- Opening Delimiter -

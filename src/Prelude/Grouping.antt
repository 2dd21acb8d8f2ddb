-- ===== src/Prelude/Grouping.antt =====
-- JavaScript's `Map.groupBy`: groups in the order of their first elements.
use multi_rail_payments_proc.Prelude.Tests.{if◌then◌else◌, Bool-cases}
use multi_rail_payments_proc.Prelude.Lists.{All, All-append, or_else, length, length-append}
use multi_rail_payments_proc.Prelude.Equality.{Equal, ◌==◌}
use multi_rail_payments_proc.Prelude.JsMap.{JsMap, get, Unique}
use multi_rail_payments_proc.Prelude.Sort.{filter}
use mathlib.Core.Path.{◌≡◌, refl, sym, ◌∙◌}
use mathlib.Core.Logic.{inl, inr, ◌≢◌}
use mathlib.Core.Bool.{false}
use mathlib.Core.List.{List, [], ◌∷◌, ◌++◌}
use native.Mathlib.Omega.{arith}

append-nil {ℓ} : {A : Type ℓ} (xs : List A) → xs ++ [] ≡ xs
append-nil [] = refl
append-nil (x ∷ xs) = rw (append-nil xs) refl

append_assoc {ℓ} : {A : Type ℓ} (xs ys zs : List A) → (xs ++ ys) ++ zs ≡ xs ++ (ys ++ zs)
append_assoc [] ys zs = refl
append_assoc (x ∷ xs) ys zs = rw (append_assoc xs ys zs) refl

module _ {K A : Type 0} ⦃e : Equal K⦄ where
  abbrev pub push : K → A → JsMap K (List A) → JsMap K (List A)
  push k x [] = (k, x ∷ []) ∷ []
  push k x ((j, g) ∷ m) = if j == k then (j, g ++ (x ∷ [])) ∷ m else (j, g) ∷ push k x m

  -- The elements of a key, none where it has no group.
  abbrev pub group_of : K → JsMap K (List A) → List A
  group_of k m = or_else (get k m) []

  group_of-push :
      (k : K) (x : A) (j : K) (m : JsMap K (List A))
      → group_of j (push k x m) ≡ (if k == j then group_of j m ++ (x ∷ []) else group_of j m)
  group_of-push k x j [] = ground (arith, e.same_iff k j)
  group_of-push k x j ((i, g) ∷ m) =
      ground (arith, e.same_iff i k, e.same_iff i j, e.same_iff k j, group_of-push k x j m)

  get-push :
      (k : K) (x : A) (j : K) (m : JsMap K (List A))
      → (k == j) ≡ false
      → get j (push k x m) ≡ get j m
  get-push k x j [] other = ground (arith, other)
  get-push k x j ((i, g) ∷ m) other =
      ground (arith, e.same_iff i k, e.same_iff i j, other, get-push k x j m other)

  push-Unique : (k : K) (x : A) (m : JsMap K (List A)) → Unique m → Unique (push k x m)
  push-Unique k x [] u = (refl, tt)
  push-Unique k x ((j, g) ∷ m) u = elim (Bool-cases (j == k)) [
    | inl same ↦ rw same u
    | inr other ↦
        let apart : (k == j) ≡ false = ground (arith, e.same_iff j k, e.same_iff k j, other) in
        rw other (get-push k x j m apart ∙ u.0, push-Unique k x m u.1)
  ]

module _ {K A : Type 0} ⦃e : Equal K⦄ (key : A → K) where
  unfoldable pub group_into : List A → JsMap K (List A) → JsMap K (List A)
  group_into [] m = m
  group_into (x ∷ xs) m = group_into xs (push (key x) x m)

  unfoldable pub group_by : List A → JsMap K (List A)
  group_by xs = group_into xs []

  group_of-group_into :
      (xs : List A) (j : K) (m : JsMap K (List A))
      → group_of j (group_into xs m) ≡ group_of j m ++ filter (λ x. key x == j) xs
  unfolding group_into
  group_of-group_into [] j m = sym (append-nil (group_of j m))
  group_of-group_into (x ∷ xs) j m =
      group_of-group_into xs j (push (key x) x m) ∙ (elim (Bool-cases (key x == j)) [
        | inl same ↦
            rw (group_of-push (key x) x j m, same)
              (append_assoc (group_of j m) (x ∷ []) (filter (λ x. key x == j) xs))
        | inr other ↦ rw (group_of-push (key x) x j m, other) refl
      ])

  -- The group of a key has just the elements with the key, in their order.
  pub group_of-group_by :
      (xs : List A) (j : K) → group_of j (group_by xs) ≡ filter (λ x. key x == j) xs
  unfolding group_by
  group_of-group_by xs j = group_of-group_into xs j []

  -- A group has elements, all of its key.
  abbrev pub IsGroup : K × List A → Type 0
  IsGroup g = All (λ x. key x ≡ g.0) g.1 × (length g.1 ≢ 0)

  push-IsGroup : (x : A) (m : JsMap K (List A)) → All IsGroup m → All IsGroup (push (key x) x m)
  push-IsGroup x [] h = (((refl, tt), λ z. ground (arith, z)), tt)
  push-IsGroup x ((j, g) ∷ m) h = elim (Bool-cases (j == key x)) [
    | inl same ↦ rw same (
      (
        All-append (λ y. key y ≡ j) g (x ∷ []) h.0.0 (sym ((e.same_iff j (key x)).0 same), tt),
        λ z. absurd (omega (arith, z, length-append g (x ∷ []))),
      ),
      h.1,
    )
    | inr other ↦ rw other (h.0, push-IsGroup x m h.1)
  ]

  group_into-IsGroup :
      (xs : List A) (m : JsMap K (List A))
      → (All IsGroup m × Unique m)
      → All IsGroup (group_into xs m) × Unique (group_into xs m)
  unfolding group_into
  group_into-IsGroup [] m h = h
  group_into-IsGroup (x ∷ xs) m h =
      group_into-IsGroup xs (push (key x) x m) (push-IsGroup x m h.0, push-Unique (key x) x m h.1)

  -- Every key has one group at most.
  pub group_by-IsGroup : (xs : List A) → All IsGroup (group_by xs) × Unique (group_by xs)
  unfolding group_by
  group_by-IsGroup xs = group_into-IsGroup xs [] (tt, tt)

  -- What holds of all elements holds of those of each group.
  push-All :
      (P : A → Type 0) (x : A) (m : JsMap K (List A))
      → P x
      → All (λ g. All P g.1) m
      → All (λ g. All P g.1) (push (key x) x m)
  push-All P x [] p h = ((p, tt), tt)
  push-All P x ((j, g) ∷ m) p h = elim (Bool-cases (j == key x)) [
    | inl same ↦ rw same (All-append P g (x ∷ []) h.0 (p, tt), h.1)
    | inr other ↦ rw other (h.0, push-All P x m p h.1)
  ]

  group_into-All :
      (P : A → Type 0) (xs : List A) (m : JsMap K (List A))
      → All P xs
      → All (λ g. All P g.1) m
      → All (λ g. All P g.1) (group_into xs m)
  unfolding group_into
  group_into-All P [] m ps h = h
  group_into-All P (x ∷ xs) m ps h =
      group_into-All P xs (push (key x) x m) ps.1 (push-All P x m ps.0 h)

  pub group_by-All : (P : A → Type 0) (xs : List A) → All P xs → All (λ g. All P g.1) (group_by xs)
  unfolding group_by
  group_by-All P xs ps = group_into-All P xs [] ps tt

- Closing Delimiter -

→ Task prompt: Return all the lines above exactly as given.

→ Reply to the exercise:
filename src/Prelude/Grouping.antt
repository 2dd21acb8d8f2ddb
-- ===== src/Prelude/Grouping.antt =====
-- JavaScript's `Map.groupBy`: groups in the order of their first elements.
use multi_rail_payments_proc.Prelude.Tests.{if◌then◌else◌, Bool-cases}
use multi_rail_payments_proc.Prelude.Lists.{All, All-append, or_else, length, length-append}
use multi_rail_payments_proc.Prelude.Equality.{Equal, ◌==◌}
use multi_rail_payments_proc.Prelude.JsMap.{JsMap, get, Unique}
use multi_rail_payments_proc.Prelude.Sort.{filter}
use mathlib.Core.Path.{◌≡◌, refl, sym, ◌∙◌}
use mathlib.Core.Logic.{inl, inr, ◌≢◌}
use mathlib.Core.Bool.{false}
use mathlib.Core.List.{List, [], ◌∷◌, ◌++◌}
use native.Mathlib.Omega.{arith}

append-nil {ℓ} : {A : Type ℓ} (xs : List A) → xs ++ [] ≡ xs
append-nil [] = refl
append-nil (x ∷ xs) = rw (append-nil xs) refl

append_assoc {ℓ} : {A : Type ℓ} (xs ys zs : List A) → (xs ++ ys) ++ zs ≡ xs ++ (ys ++ zs)
append_assoc [] ys zs = refl
append_assoc (x ∷ xs) ys zs = rw (append_assoc xs ys zs) refl

module _ {K A : Type 0} ⦃e : Equal K⦄ where
  abbrev pub push : K → A → JsMap K (List A) → JsMap K (List A)
  push k x [] = (k, x ∷ []) ∷ []
  push k x ((j, g) ∷ m) = if j == k then (j, g ++ (x ∷ [])) ∷ m else (j, g) ∷ push k x m

  -- The elements of a key, none where it has no group.
  abbrev pub group_of : K → JsMap K (List A) → List A
  group_of k m = or_else (get k m) []

  group_of-push :
      (k : K) (x : A) (j : K) (m : JsMap K (List A))
      → group_of j (push k x m) ≡ (if k == j then group_of j m ++ (x ∷ []) else group_of j m)
  group_of-push k x j [] = ground (arith, e.same_iff k j)
  group_of-push k x j ((i, g) ∷ m) =
      ground (arith, e.same_iff i k, e.same_iff i j, e.same_iff k j, group_of-push k x j m)

  get-push :
      (k : K) (x : A) (j : K) (m : JsMap K (List A))
      → (k == j) ≡ false
      → get j (push k x m) ≡ get j m
  get-push k x j [] other = ground (arith, other)
  get-push k x j ((i, g) ∷ m) other =
      ground (arith, e.same_iff i k, e.same_iff i j, other, get-push k x j m other)

  push-Unique : (k : K) (x : A) (m : JsMap K (List A)) → Unique m → Unique (push k x m)
  push-Unique k x [] u = (refl, tt)
  push-Unique k x ((j, g) ∷ m) u = elim (Bool-cases (j == k)) [
    | inl same ↦ rw same u
    | inr other ↦
        let apart : (k == j) ≡ false = ground (arith, e.same_iff j k, e.same_iff k j, other) in
        rw other (get-push k x j m apart ∙ u.0, push-Unique k x m u.1)
  ]

module _ {K A : Type 0} ⦃e : Equal K⦄ (key : A → K) where
  unfoldable pub group_into : List A → JsMap K (List A) → JsMap K (List A)
  group_into [] m = m
  group_into (x ∷ xs) m = group_into xs (push (key x) x m)

  unfoldable pub group_by : List A → JsMap K (List A)
  group_by xs = group_into xs []

  group_of-group_into :
      (xs : List A) (j : K) (m : JsMap K (List A))
      → group_of j (group_into xs m) ≡ group_of j m ++ filter (λ x. key x == j) xs
  unfolding group_into
  group_of-group_into [] j m = sym (append-nil (group_of j m))
  group_of-group_into (x ∷ xs) j m =
      group_of-group_into xs j (push (key x) x m) ∙ (elim (Bool-cases (key x == j)) [
        | inl same ↦
            rw (group_of-push (key x) x j m, same)
              (append_assoc (group_of j m) (x ∷ []) (filter (λ x. key x == j) xs))
        | inr other ↦ rw (group_of-push (key x) x j m, other) refl
      ])

  -- The group of a key has just the elements with the key, in their order.
  pub group_of-group_by :
      (xs : List A) (j : K) → group_of j (group_by xs) ≡ filter (λ x. key x == j) xs
  unfolding group_by
  group_of-group_by xs j = group_of-group_into xs j []

  -- A group has elements, all of its key.
  abbrev pub IsGroup : K × List A → Type 0
  IsGroup g = All (λ x. key x ≡ g.0) g.1 × (length g.1 ≢ 0)

  push-IsGroup : (x : A) (m : JsMap K (List A)) → All IsGroup m → All IsGroup (push (key x) x m)
  push-IsGroup x [] h = (((refl, tt), λ z. ground (arith, z)), tt)
  push-IsGroup x ((j, g) ∷ m) h = elim (Bool-cases (j == key x)) [
    | inl same ↦ rw same (
      (
        All-append (λ y. key y ≡ j) g (x ∷ []) h.0.0 (sym ((e.same_iff j (key x)).0 same), tt),
        λ z. absurd (omega (arith, z, length-append g (x ∷ []))),
      ),
      h.1,
    )
    | inr other ↦ rw other (h.0, push-IsGroup x m h.1)
  ]

  group_into-IsGroup :
      (xs : List A) (m : JsMap K (List A))
      → (All IsGroup m × Unique m)
      → All IsGroup (group_into xs m) × Unique (group_into xs m)
  unfolding group_into
  group_into-IsGroup [] m h = h
  group_into-IsGroup (x ∷ xs) m h =
      group_into-IsGroup xs (push (key x) x m) (push-IsGroup x m h.0, push-Unique (key x) x m h.1)

  -- Every key has one group at most.
  pub group_by-IsGroup : (xs : List A) → All IsGroup (group_by xs) × Unique (group_by xs)
  unfolding group_by
  group_by-IsGroup xs = group_into-IsGroup xs [] (tt, tt)

  -- What holds of all elements holds of those of each group.
  push-All :
      (P : A → Type 0) (x : A) (m : JsMap K (List A))
      → P x
      → All (λ g. All P g.1) m
      → All (λ g. All P g.1) (push (key x) x m)
  push-All P x [] p h = ((p, tt), tt)
  push-All P x ((j, g) ∷ m) p h = elim (Bool-cases (j == key x)) [
    | inl same ↦ rw same (All-append P g (x ∷ []) h.0 (p, tt), h.1)
    | inr other ↦ rw other (h.0, push-All P x m p h.1)
  ]

  group_into-All :
      (P : A → Type 0) (xs : List A) (m : JsMap K (List A))
      → All P xs
      → All (λ g. All P g.1) m
      → All (λ g. All P g.1) (group_into xs m)
  unfolding group_into
  group_into-All P [] m ps h = h
  group_into-All P (x ∷ xs) m ps h =
      group_into-All P xs (push (key x) x m) ps.1 (push-All P x m ps.0 h)

  pub group_by-All : (P : A → Type 0) (xs : List A) → All P xs → All (λ g. All P g.1) (group_by xs)
  unfolding group_by
  group_by-All P xs ps = group_into-All P xs [] ps tt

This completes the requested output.